* Work required *
Across the records that follow, determine how many lines contain "exists" and give only the resulting number.

Saved entries:
━━━━━━━━━━━━━━━━━━━━

-- ===== src/Committer/Laws.antt =====
-- About the commitment service of proofs/zktorch-committer/src/main.rs.
use verification_tooling.Prelude.{
  ℕ, ◌*◌, List, [], ◌∷◌, Bytes, Text, length, Option-cases, some, ok, result_cases, ◌≡◌, inl, inr,
  refl, ◌∙◌, arith, ok_or-some,
}
use verification_tooling.Types.Records.{Hash32, hash32_eq, Hash32-discrete, Direction}
use verification_tooling.Types.Audit.{QuantizedTensor}
use verification_tooling.Primitives.{Primitives}
use verification_tooling.Commitment.{task_artifact_id}
use verification_tooling.Committer.{
  ShapeSpec, TensorSpec, missing_header, TensorLibrary, CommitterState, CommitRequest, opening_of,
  exists, count_elements, validate_tensor, direction_of, spec_for, Prepared, prepare, store,
  commit_inner, commit_all,
}

abbrev pub product : List ℕ → ℕ
product [] = 1
product (d ∷ ds) = d * product ds

count_elements_lem :
    (total n : ℕ) (ds : List ℕ) → count_elements total ds ≡ ok n → n ≡ total * product ds
unfolding count_elements
count_elements_lem total n [] h = ground arith
count_elements_lem total n (d ∷ ds) h =
    let rest = count_elements_lem (total * d) n ds (ground arith) in omega (arith, rest)

validate_tensor_lem :
    (tensor : QuantizedTensor) (spec : ShapeSpec)
    → validate_tensor tensor spec ≡ ok tt
    → (tensor.shape ≡ spec.shape)
      × (tensor.scale_log2 ≡ spec.scale_log2)
      × (product tensor.shape ≡ length tensor.values)
unfolding validate_tensor
validate_tensor_lem tensor spec h = elim (result_cases (count_elements 1 tensor.shape)) [
  | inr (e, failed) ↦ absurd (ground arith)
  | inl (n, counted) ↦
      let whole = count_elements_lem 1 n tensor.shape counted in
      (ground arith, ground arith, ground (arith, whole, counted))
]

-- What stands behind a prepared commitment: the identity of the headers, and a tensor of the specified
-- shape in its canonical encoding.
pub record Canonical (x : Primitives) (library : TensorLibrary) (spec : TensorSpec)
    (request : CommitRequest) (p : Prepared) : Type 0 where
  pub epoch : Text
  pub task : Text
  pub name : Text
  pub direction : Direction
  pub tensor : QuantizedTensor
  pub epoch_given : request.headers.epoch ≡ some epoch
  pub task_given : request.headers.task ≡ some task
  pub direction_given : request.headers.direction ≡ some name
  pub direction_known : direction_of name ≡ some direction
  pub identified : p.identity ≡ task_artifact_id x epoch task direction
  pub parsed : library.parse request.body ≡ some tensor
  pub printed : library.print tensor ≡ some request.body
  pub shaped : tensor.shape ≡ (spec_for spec direction).shape
  pub scaled : tensor.scale_log2 ≡ (spec_for spec direction).scale_log2
  pub full : product tensor.shape ≡ length tensor.values
  pub committed : library.data_of tensor.shape tensor.values ≡ some (p.opening, p.encoded)

module _ (x : Primitives) (library : TensorLibrary) where
  pub prepare-Canonical :
      (spec : TensorSpec) (r : CommitRequest) (p : Prepared)
      → prepare x library spec r ≡ ok p
      → Canonical x library spec r p
  unfolding prepare
  prepare-Canonical spec r p h =
      let (epoch, e1, h1) = ok_or-some r.headers.epoch missing_header _ p h in
      let (task, e2, h2) = ok_or-some r.headers.task missing_header _ p h1 in
      let (name, e3, h3) = ok_or-some r.headers.direction missing_header _ p h2 in
      elim (Option-cases (direction_of name)) [
        | inl e ↦ absurd (ground arith)
        | inr (direction, e4) ↦ elim (Option-cases (library.parse r.body)) [
          | inl e ↦ absurd (ground arith)
          | inr (tensor, e5) ↦ elim (Option-cases (library.print tensor)) [
            | inl e ↦ absurd (ground arith)
            | inr (canonical, e6) ↦
                let valid = validate_tensor_lem tensor (spec_for spec direction) (ground arith) in
                elim (Option-cases (library.data_of tensor.shape tensor.values)) [
                  | inl e ↦ absurd (ground arith)
                  | inr (found, e7) ↦ record {
                    epoch = epoch;
                    task = task;
                    name = name;
                    direction = direction;
                    tensor = tensor;
                    epoch_given = e1;
                    task_given = e2;
                    direction_given = e3;
                    direction_known = e4;
                    identified = ground arith;
                    parsed = e5;
                    printed = ground arith;
                    shaped = valid.0;
                    scaled = valid.1;
                    full = valid.2;
                    committed = ground arith;
                  }
                ]
          ]
        ]
      ]

  store_keeps :
      (s : CommitterState) (r : CommitRequest) (p : Prepared) (id : Hash32) (o : Bytes)
      → opening_of s.openings id ≡ some o
      → opening_of (store x library s r p).1.openings id ≡ some o
  unfolding store opening_of exists
  store_keeps s r p id o h = elim (Hash32-discrete p.identity id) [
    | yes e ↦ ground (arith, e)
    | no ne ↦ ground (arith, ne)
  ]

  commit_inner_keeps :
      (s : CommitterState) (r : CommitRequest) (id : Hash32) (o : Bytes)
      → opening_of s.openings id ≡ some o
      → opening_of (commit_inner x library s r).1.openings id ≡ some o
  unfolding commit_inner
  commit_inner_keeps s r id o h = elim (result_cases (prepare x library s.spec r)) [
    | inr (e, failed) ↦ ground arith
    | inl (p, prepared) ↦ ground (arith, store_keeps s r p id o h)
  ]

  pub commit_all_keeps :
      (s : CommitterState) (rs : List CommitRequest) (id : Hash32) (o : Bytes)
      → opening_of s.openings id ≡ some o
      → opening_of (commit_all x library s rs).openings id ≡ some o
  unfolding commit_all
  commit_all_keeps s [] id o h = h
  commit_all_keeps s (r ∷ rs) id o h =
      commit_all_keeps (commit_inner x library s r).1 rs id o (commit_inner_keeps s r id o h)

  pub same_identity :
      (spec : TensorSpec) (r q : CommitRequest) (p : Prepared) (o : Prepared)
      → q.headers ≡ r.headers
      → prepare x library spec r ≡ ok p
      → prepare x library spec q ≡ ok o
      → o.identity ≡ p.identity
  same_identity spec r q p o e hr hq =
      let a = prepare-Canonical spec r p hr in
      let b = prepare-Canonical spec q o hq in
      let ea = a.identified in
      let eb = b.identified in
      let epochs : a.epoch ≡ b.epoch = ground (arith, a.epoch_given, b.epoch_given, e) in
      let tasks : a.task ≡ b.task = ground (arith, a.task_given, b.task_given, e) in
      let names : a.name ≡ b.name = ground (arith, a.direction_given, b.direction_given, e) in
      let directions : a.direction ≡ b.direction =
        ground (arith, a.direction_known, b.direction_known, names) in
      cc (ea, eb, epochs, tasks, directions)

  pub kept_spec :
      (s : CommitterState) (rs : List CommitRequest) → (commit_all x library s rs).spec ≡ s.spec
  unfolding commit_all commit_inner store
  kept_spec s [] = refl
  kept_spec s (r ∷ rs) = kept_spec (commit_inner x library s r).1 rs ∙ step
    where
      step : (commit_inner x library s r).1.spec ≡ s.spec
      step = ground arith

━━━━━━━━━━━━━━━━━━━━

* Your response *
2